#### RECORDS TO USE
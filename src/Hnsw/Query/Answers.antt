-- ===== src/Hnsw/Query/Answers.antt =====
-- What `search_with_ef` answers on a valid index.
use gvector.Prelude.{
  ℕ, zero, suc, ◌<◌, ◌≡◌, refl, sym, ap, ◌∙◌, Bool, true, false, some, List, [], ◌∷◌, map, arith,
  eqb, eqb_iff, some_inj, length, get_or, take, anyb, All, nat_key, string_key, lookup,
}
use gvector.Types.{VectorId, F32, SearchResult, Cand, sign32, total_cmp, is_lt}
use gvector.Types.Order.{cand_ord, lt_cand}
use gvector.Order.Sort.{IsSorted, AtMost}
use gvector.Distance.{F32Ops, distance}
use gvector.BruteForce.Contains.{IsDistinct}
use gvector.Hnsw.{HnswIndex, vector_of, vector_at, cand_at, result_at, dist_to}
use gvector.Hnsw.Layer.Slots.{slots}
use gvector.Hnsw.Update.Rows.{rows}
use gvector.Hnsw.Update.Tracked.{IsTracked}
use gvector.Hnsw.Update.Compacted.{get_or-some}

-- No distance stands before an earlier one, under `total_cmp`.
abbrev pub FarFrom : F32 → List SearchResult → Type 0
FarFrom d [] = Unit
FarFrom d (r ∷ rs) = (is_lt (total_cmp sign32 r.distance d) ≡ false) × FarFrom d rs

abbrev pub IsNearestFirst : List SearchResult → Type 0
IsNearestFirst [] = Unit
IsNearestFirst (r ∷ rs) = FarFrom r.distance rs × IsNearestFirst rs

AtMost-take : (c : Cand) (k : ℕ) (cs : List Cand) → AtMost c cs → AtMost c (take k cs)
AtMost-take c zero cs h = tt
AtMost-take c (suc k) [] h = tt
AtMost-take c (suc k) (d ∷ cs) (h, hs) = (h, AtMost-take c k cs hs)

pub take-IsSorted : (k : ℕ) (cs : List Cand) → IsSorted cs → IsSorted (take k cs)
take-IsSorted zero cs h = tt
take-IsSorted (suc k) [] h = tt
take-IsSorted (suc k) (c ∷ cs) (h, hs) = (AtMost-take c k cs h, take-IsSorted k cs hs)

pub take-All : {A : Type 0} (P : A → Type 0) (k : ℕ) (xs : List A) → All P xs → All P (take k xs)
take-All P zero xs h = tt
take-All P (suc k) [] h = tt
take-All P (suc k) (x ∷ xs) (h, hs) = (h, take-All P k xs hs)

pub take-fresh :
    (s k : ℕ) (cs : List Cand)
    → anyb (eqb s) (slots cs) ≡ false
    → anyb (eqb s) (slots (take k cs)) ≡ false
take-fresh s zero cs h = refl
take-fresh s (suc k) [] h = refl
take-fresh s (suc k) (c ∷ cs) h = ground (arith, take-fresh s k cs)

pub take-IsDistinct :
    (k : ℕ) (cs : List Cand) → IsDistinct (slots cs) → IsDistinct (slots (take k cs))
take-IsDistinct zero cs h = tt
take-IsDistinct (suc k) [] h = tt
take-IsDistinct (suc k) (c ∷ cs) (h, hs) = (take-fresh c.slot k cs h, take-IsDistinct k cs hs)

lt_cand_dist : (a b : Cand) → lt_cand a b ≡ false → is_lt (total_cmp sign32 a.dist b.dist) ≡ false
unfolding lt_cand
lt_cand_dist a b h = ground arith

module _ (ops : F32Ops) {R : Type 0} (idx : HnswIndex R) where
  AtMost-FarFrom :
      (c : Cand) (cs : List Cand) → AtMost c cs → FarFrom c.dist (map (result_at ops idx) cs)
  unfolding lt_cand
  AtMost-FarFrom c [] h = tt
  AtMost-FarFrom c (d ∷ cs) (h, hs) = (lt_cand_dist d c h, AtMost-FarFrom c cs hs)

  pub sorted-IsNearestFirst :
      (cs : List Cand) → IsSorted cs → IsNearestFirst (map (result_at ops idx) cs)
  sorted-IsNearestFirst [] h = tt
  sorted-IsNearestFirst (c ∷ cs) (h, hs) = (AtMost-FarFrom c cs h, sorted-IsNearestFirst cs hs)

  -- The result of an id that is alive and passes, at the distance of its vector.
  pub record IsAnswer (query : List F32) (allow : VectorId → Bool) (r : SearchResult) : Type 0 where
    pub vector : List F32
    pub held : vector_of idx r.id ≡ some vector
    pub at_distance : r.distance ≡ distance ops idx.metric query vector
    pub allowed : allow r.id ≡ true

  -- A slot that is alive and passes.
  abbrev pub IsLiveSlot : (VectorId → Bool) → ℕ → Type 0
  IsLiveSlot allow s =
      (s < length idx.ids)
      × (get_or idx.deleted s false ≡ false)
      × (allow (get_or idx.ids s 0) ≡ true)

  pub live-mapped :
      IsTracked (rows idx)
      → (allow : VectorId → Bool) (s : ℕ) → IsLiveSlot allow s
      → lookup (get_or idx.ids s 0) idx.slot_of ≡ some s
  live-mapped t allow s (l, alive, a) =
      t.mapped (get_or idx.ids s 0) s (get_or-some idx.ids s 0 l)
        (get_or-some idx.deleted s false (omega (arith, t.flags)) ∙ ap some alive)

  pub live-IsAnswer :
      IsTracked (rows idx)
      → (query : List F32) (allow : VectorId → Bool) (s : ℕ) → IsLiveSlot allow s
      → IsAnswer query allow (result_at ops idx (cand_at ops idx query s))
  unfolding vector_of dist_to
  live-IsAnswer t query allow s live = record {
    vector = vector_at idx s;
    held = rw (live-mapped t allow s live, vector_of) refl;
    at_distance = refl;
    allowed = live.2;
  }

  live-fresh :
      IsTracked (rows idx)
      → (allow : VectorId → Bool) (s : ℕ) (cs : List Cand) → IsLiveSlot allow s
      → All (λ c. IsLiveSlot allow c.slot) cs
      → anyb (eqb s) (slots cs) ≡ false
      → anyb (eqb (get_or idx.ids s 0)) (map (λ r. r.id) (map (result_at ops idx) cs)) ≡ false
  live-fresh t allow s [] live h n = refl
  live-fresh t allow s (c ∷ cs) live (h, hs) n =
      let same : get_or idx.ids s 0 ≡ get_or idx.ids c.slot 0 → s ≡ c.slot = λ q. some_inj (
        sym (live-mapped t allow s live)
        ∙ ap (λ id. lookup id idx.slot_of) q
        ∙ live-mapped t allow c.slot h) in
      ground (
        arith,
        eqb_iff s c.slot,
        eqb_iff (get_or idx.ids s 0) (get_or idx.ids c.slot 0),
        live-fresh t allow s cs live hs (ground arith),
      )

  -- Different slots that are alive hold different ids.
  pub live-IsDistinct :
      IsTracked (rows idx)
      → (allow : VectorId → Bool) (cs : List Cand) → All (λ c. IsLiveSlot allow c.slot) cs
      → IsDistinct (slots cs)
      → IsDistinct (map (λ r. r.id) (map (result_at ops idx) cs))
  live-IsDistinct t allow [] h d = tt
  live-IsDistinct t allow (c ∷ cs) (h, hs) (n, d) =
      (live-fresh t allow c.slot cs h hs n, live-IsDistinct t allow cs hs d)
########
- _EXERCISE DIRECTIONS_
Work through the entries, filtering for the string "false", and copy each line that holds it.

- _RESPONSE FOR THIS EXERCISE_
  ℕ, zero, suc, ◌<◌, ◌≡◌, refl, sym, ap, ◌∙◌, Bool, true, false, some, List, [], ◌∷◌, map, arith,
FarFrom d (r ∷ rs) = (is_lt (total_cmp sign32 r.distance d) ≡ false) × FarFrom d rs
    → anyb (eqb s) (slots cs) ≡ false
    → anyb (eqb s) (slots (take k cs)) ≡ false
lt_cand_dist : (a b : Cand) → lt_cand a b ≡ false → is_lt (total_cmp sign32 a.dist b.dist) ≡ false
      × (get_or idx.deleted s false ≡ false)
        (get_or-some idx.deleted s false (omega (arith, t.flags)) ∙ ap some alive)
      → anyb (eqb s) (slots cs) ≡ false
      → anyb (eqb (get_or idx.ids s 0)) (map (λ r. r.id) (map (result_at ops idx) cs)) ≡ false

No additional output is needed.